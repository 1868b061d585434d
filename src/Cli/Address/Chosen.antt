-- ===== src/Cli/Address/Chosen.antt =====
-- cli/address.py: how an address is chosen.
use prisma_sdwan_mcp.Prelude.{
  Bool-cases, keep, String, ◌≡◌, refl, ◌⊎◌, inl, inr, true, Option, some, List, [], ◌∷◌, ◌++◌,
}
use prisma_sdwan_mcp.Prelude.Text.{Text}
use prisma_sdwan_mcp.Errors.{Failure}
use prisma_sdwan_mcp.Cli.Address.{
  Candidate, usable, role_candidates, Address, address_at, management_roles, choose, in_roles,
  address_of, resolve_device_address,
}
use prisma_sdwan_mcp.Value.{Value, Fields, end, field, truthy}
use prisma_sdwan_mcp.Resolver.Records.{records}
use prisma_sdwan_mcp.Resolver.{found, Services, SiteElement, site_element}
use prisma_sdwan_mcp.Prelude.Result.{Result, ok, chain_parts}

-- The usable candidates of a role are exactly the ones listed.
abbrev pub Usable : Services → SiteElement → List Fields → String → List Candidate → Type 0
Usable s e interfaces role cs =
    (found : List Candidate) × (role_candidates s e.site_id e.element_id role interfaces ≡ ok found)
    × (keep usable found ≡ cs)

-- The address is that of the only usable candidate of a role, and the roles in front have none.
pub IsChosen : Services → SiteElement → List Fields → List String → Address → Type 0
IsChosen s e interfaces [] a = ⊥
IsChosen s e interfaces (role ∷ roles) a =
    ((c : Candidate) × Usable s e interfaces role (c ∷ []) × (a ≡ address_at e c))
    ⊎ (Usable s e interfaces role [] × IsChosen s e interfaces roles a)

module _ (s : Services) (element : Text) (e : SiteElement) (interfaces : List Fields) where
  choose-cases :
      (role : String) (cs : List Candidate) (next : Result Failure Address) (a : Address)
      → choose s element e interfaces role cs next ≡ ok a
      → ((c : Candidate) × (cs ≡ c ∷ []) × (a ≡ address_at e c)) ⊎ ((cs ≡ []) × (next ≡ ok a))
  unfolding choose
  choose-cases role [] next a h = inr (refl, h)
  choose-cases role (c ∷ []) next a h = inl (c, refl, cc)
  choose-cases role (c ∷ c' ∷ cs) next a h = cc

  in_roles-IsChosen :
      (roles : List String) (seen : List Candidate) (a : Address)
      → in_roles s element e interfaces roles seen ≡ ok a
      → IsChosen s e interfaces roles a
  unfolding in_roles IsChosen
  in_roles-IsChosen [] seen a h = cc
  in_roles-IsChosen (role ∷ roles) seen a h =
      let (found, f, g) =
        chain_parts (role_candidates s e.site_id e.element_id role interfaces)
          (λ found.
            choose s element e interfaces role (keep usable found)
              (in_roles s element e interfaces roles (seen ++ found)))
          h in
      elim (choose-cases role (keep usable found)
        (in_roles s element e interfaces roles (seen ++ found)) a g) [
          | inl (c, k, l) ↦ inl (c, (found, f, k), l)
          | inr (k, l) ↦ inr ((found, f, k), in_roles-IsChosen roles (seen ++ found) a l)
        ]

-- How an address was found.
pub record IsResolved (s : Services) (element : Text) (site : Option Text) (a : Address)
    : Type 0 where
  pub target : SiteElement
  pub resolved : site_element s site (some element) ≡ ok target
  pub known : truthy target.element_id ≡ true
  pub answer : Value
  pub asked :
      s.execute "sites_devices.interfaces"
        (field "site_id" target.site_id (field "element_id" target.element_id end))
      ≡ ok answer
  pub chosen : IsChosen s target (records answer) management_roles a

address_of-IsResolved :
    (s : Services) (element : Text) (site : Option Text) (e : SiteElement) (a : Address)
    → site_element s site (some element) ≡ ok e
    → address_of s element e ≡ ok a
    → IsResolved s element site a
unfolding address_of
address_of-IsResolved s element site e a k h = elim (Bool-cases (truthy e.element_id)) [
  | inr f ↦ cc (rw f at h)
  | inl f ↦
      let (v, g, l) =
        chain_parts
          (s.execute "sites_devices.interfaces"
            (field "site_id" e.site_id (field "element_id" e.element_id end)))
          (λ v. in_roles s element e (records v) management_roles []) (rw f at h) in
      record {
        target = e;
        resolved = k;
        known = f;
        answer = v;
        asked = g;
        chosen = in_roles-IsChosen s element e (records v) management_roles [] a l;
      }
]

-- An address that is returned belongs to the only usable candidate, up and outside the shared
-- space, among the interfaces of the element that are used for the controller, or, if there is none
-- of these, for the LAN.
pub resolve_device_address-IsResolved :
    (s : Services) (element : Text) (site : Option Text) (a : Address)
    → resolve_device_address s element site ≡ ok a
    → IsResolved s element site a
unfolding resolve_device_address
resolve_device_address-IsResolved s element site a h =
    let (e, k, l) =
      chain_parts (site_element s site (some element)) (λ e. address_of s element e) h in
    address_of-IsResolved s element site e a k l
==============================
REQUIREMENT = Take the lines from the start of the records through the line holding "-- The usable", both included, and please print them exactly, with nothing else.

FINISHED EXERCISE =
repository 1868b061d585434d
filename src/Cli/Address/Chosen.antt
-- ===== src/Cli/Address/Chosen.antt =====
-- cli/address.py: how an address is chosen.
use prisma_sdwan_mcp.Prelude.{
  Bool-cases, keep, String, ◌≡◌, refl, ◌⊎◌, inl, inr, true, Option, some, List, [], ◌∷◌, ◌++◌,
}
use prisma_sdwan_mcp.Prelude.Text.{Text}
use prisma_sdwan_mcp.Errors.{Failure}
use prisma_sdwan_mcp.Cli.Address.{
  Candidate, usable, role_candidates, Address, address_at, management_roles, choose, in_roles,
  address_of, resolve_device_address,
}
use prisma_sdwan_mcp.Value.{Value, Fields, end, field, truthy}
use prisma_sdwan_mcp.Resolver.Records.{records}
use prisma_sdwan_mcp.Resolver.{found, Services, SiteElement, site_element}
use prisma_sdwan_mcp.Prelude.Result.{Result, ok, chain_parts}

-- The usable candidates of a role are exactly the ones listed.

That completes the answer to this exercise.